Run make in the /samples/sampleUffSSD directory to compile the sample. The binary will be created in the /bin directory.
```
cd <TensorRT root directory>/samples/sampleUffSSD
make
```
Where is the location where you installed TensorRT.
Run the example to perform object detection and localization.

To run the examples in FP32 mode:
```
./sample_uff_ssd
```
To run the example in INT8 mode:
```
./sample_uff_ssd --int8
```
Note: To run the network in INT8 mode, please refer to BatchStreamPPM.h for instructions on how to perform calibration. Currently, we need a file called list.txt that lists all the files for calibration located in the /data/ssd/ folder ppm image. The PPM images used for calibration can also be located in the same folder.

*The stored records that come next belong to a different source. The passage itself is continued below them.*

-- ===== src/EventLoop/Poll.antt =====
-- httptest-geektime/lib/poll_dispatcher.c: the array of descriptors given to poll. `pollrdnorm` and
-- `pollwrnorm` are POLLRDNORM and POLLWRNORM of the system's headers.
use cpp_example_code.Base.{
  ℕ, zero, suc, ◌+◌, ◌-◌, Bool, true, false, ◌&&◌, not, Option, none, some, List, [], ◌∷◌, bit_and,
  bit_or,
}
use cpp_example_code.Base.Tests.{leb, ltb, ◌==◌, if◌then◌else◌}
use cpp_example_code.Base.Lists.{get_elem?}
use cpp_example_code.EventLoop.State.{
  is_negative, minus_one, event_read, event_write, Channel, Dispatcher,
}

-- `struct pollfd` of the system
pub record PollFd : Type 0 where
  pub fd : ℕ
  pub events : ℕ
  pub revents : ℕ

-- INIT_POLL_SIZE
abbrev pub init_poll_size : ℕ
init_poll_size = 1024

-- `flags & bits`, as a test
abbrev pub has_bits : ℕ → ℕ → Bool
has_bits flags bits = not (bit_and flags bits == 0)

-- the loop of `poll_init`, on the memory that malloc gave
unfoldable pub poll_init : List PollFd → List PollFd
poll_init [] = []
poll_init (p ∷ set) = record p { fd = minus_one } ∷ poll_init set

-- the loop of `poll_add`: the first free place
unfoldable pub put_fd : ℕ → ℕ → List PollFd → List PollFd
put_fd fd events [] = []
put_fd fd events (p ∷ set) =
    if is_negative p.fd
    then record p { fd = fd; events = events } ∷ set
    else p ∷ put_fd fd events set

-- the loop of `poll_del`
unfoldable pub drop_fd : ℕ → List PollFd → List PollFd
drop_fd fd [] = []
drop_fd fd (p ∷ set) = if p.fd == fd then record p { fd = minus_one } ∷ set else p ∷ drop_fd fd set

-- the loop of `poll_update`
unfoldable pub set_events : ℕ → ℕ → List PollFd → List PollFd
set_events fd events [] = []
set_events fd events (p ∷ set) =
    if p.fd == fd then record p { events = events } ∷ set else p ∷ set_events fd events set

module _ (pollrdnorm pollwrnorm : ℕ) where
  -- the events to poll for a channel, in `poll_add` and `poll_update`
  unfoldable pub poll_events : ℕ → ℕ
  poll_events events =
      let reads = if has_bits events event_read then bit_or 0 pollrdnorm else 0 in
      if has_bits events event_write then bit_or reads pollwrnorm else reads

  unfoldable pub poll_add : List PollFd → Channel → List PollFd
  poll_add set channel = put_fd channel.fd (poll_events channel.events) set

  unfoldable pub poll_del : List PollFd → Channel → Bool × List PollFd
  poll_del set channel = (false, drop_fd channel.fd set)

  unfoldable pub poll_update : List PollFd → Channel → List PollFd
  poll_update set channel = set_events channel.fd (poll_events channel.events) set

  abbrev pub poll_dispatcher : Dispatcher (List PollFd)
  poll_dispatcher = record { add = poll_add; del = poll_del; update = poll_update }

  module _ {ℓ} {S : Type ℓ} (set_of : S → List PollFd) (activate : S → ℕ → ℕ → Option S) where
    -- the callbacks of one ready place
    unfoldable pub activate_place : PollFd → S → Option S
    activate_place p s =
        let reading =
          if has_bits p.revents pollrdnorm then activate s p.fd event_read else some s in
        elim reading [
          | none ↦ none
          | some s' ↦
              if has_bits p.revents pollwrnorm then activate s' p.fd event_write else some s'
        ]

    -- One round of the loop of `poll_dispatch`: whether it breaks off, what is left of the ready ones, and
    -- the state.
    unfoldable pub dispatch_place : PollFd → ℕ → S → Option (Bool × ℕ × S)
    dispatch_place p ready s =
        if is_negative p.fd
        then some (false, ready, s)
        else if ltb 0 p.revents && ltb p.revents 32768
        then (elim (activate_place p s) [
          | none ↦ none
          | some s' ↦ some (leb ready 1, ready - 1, s')
        ])
        else some (false, ready, s)

    -- The loop from `i` on, with `fuel` rounds of its INIT_POLL_SIZE + 1 left. A place is read from the
    -- array as the callbacks have left it, and the one behind the array's end has no contents.
    unfoldable pub dispatch_from : ℕ → ℕ → ℕ → S → Option S
    dispatch_from zero i ready s = some s
    dispatch_from (suc fuel) i ready s = elim (get_elem? (set_of s) i) [
      | none ↦ none
      | some p ↦ elim (dispatch_place p ready s) [
        | none ↦ none
        | some (true, ready', s') ↦ some s'
        | some (false, ready', s') ↦ dispatch_from fuel (suc i) ready' s'
      ]
    ]

    -- `poll_dispatch`, where `poll` has returned `ready` with the revents in the array
    unfoldable pub poll_dispatch : ℕ → S → Option S
    poll_dispatch ready s =
        if ready == 0 then some s else dispatch_from (init_poll_size + 1) 0 ready s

Verify that the example runs successfully. If the example runs successfully, you should see output similar to the following:

 & amp; & amp; & amp; & amp; RUNNING TensorRT.sample_uff_ssd # ./build/x86_64-linux/sample_uff_ssd
[I] ../data/samples/ssd/sample_ssd_relu6.uff
[I] Start parsing the model...
[I] Completing the analytical model...
[I] Start building the engine...
I] Batch quantity 1
[I] Data size 270000
[I] *** Deserialization
[I] Inference took 4.24733 milliseconds.
[I] Reserve quantity 100
[I] Dog detected in image 0 (../../data/samples/ssd/dog.ppm) with confidence 89.001 and coordinates (81.7568, 23.1155), (295.041, 298.62).
[I] Results are saved in dog-0.890010.ppm.
[I] Dog detected in image 0 (../../data/samples/ssd/dog.ppm) with confidence 88.0681 and coordinates (1.39267, 0), (118.431, 237.262).
[I] Results are saved in dog-0.880681.ppm.
 & amp; & amp; & amp; & amp; PASSED TensorRT.sample_uff_ssd # ./build/x86_64-linux/sample_uff_ssd

This output indicates that the example ran successfully; “PASSED”.

Example `--help` option

To see a complete list of available options and their descriptions, use the -h or --help command-line option.

Additional resources

The following resources provide a deeper understanding of the TensorFlow SSD network structure:

Model

TensorFlow detection model library

Network

ssd_inception_v2_coco_2017_11_17

Dataset

MSCOCO data set

Documentation

Introduction to NVIDIA TensorRT Examples
Using the C++ API Using TensorRT
NVIDIA TensorRT Documentation Library

License Agreement

For terms and conditions of use, copying, and distribution, please see the TensorRT Software License Agreement document.

Update log

March 2019
Re-create, update, and review this README.md file.

Known issues

When running the network in INT8 mode, there may be some loss of accuracy, causing some objects to go undetected. A general observation is that >500 images is a good number for calibration.
On Windows, the Python script convert-to-uff is not available. You can generate the required .uff file on a Linux machine and then copy it to Windows to run this example.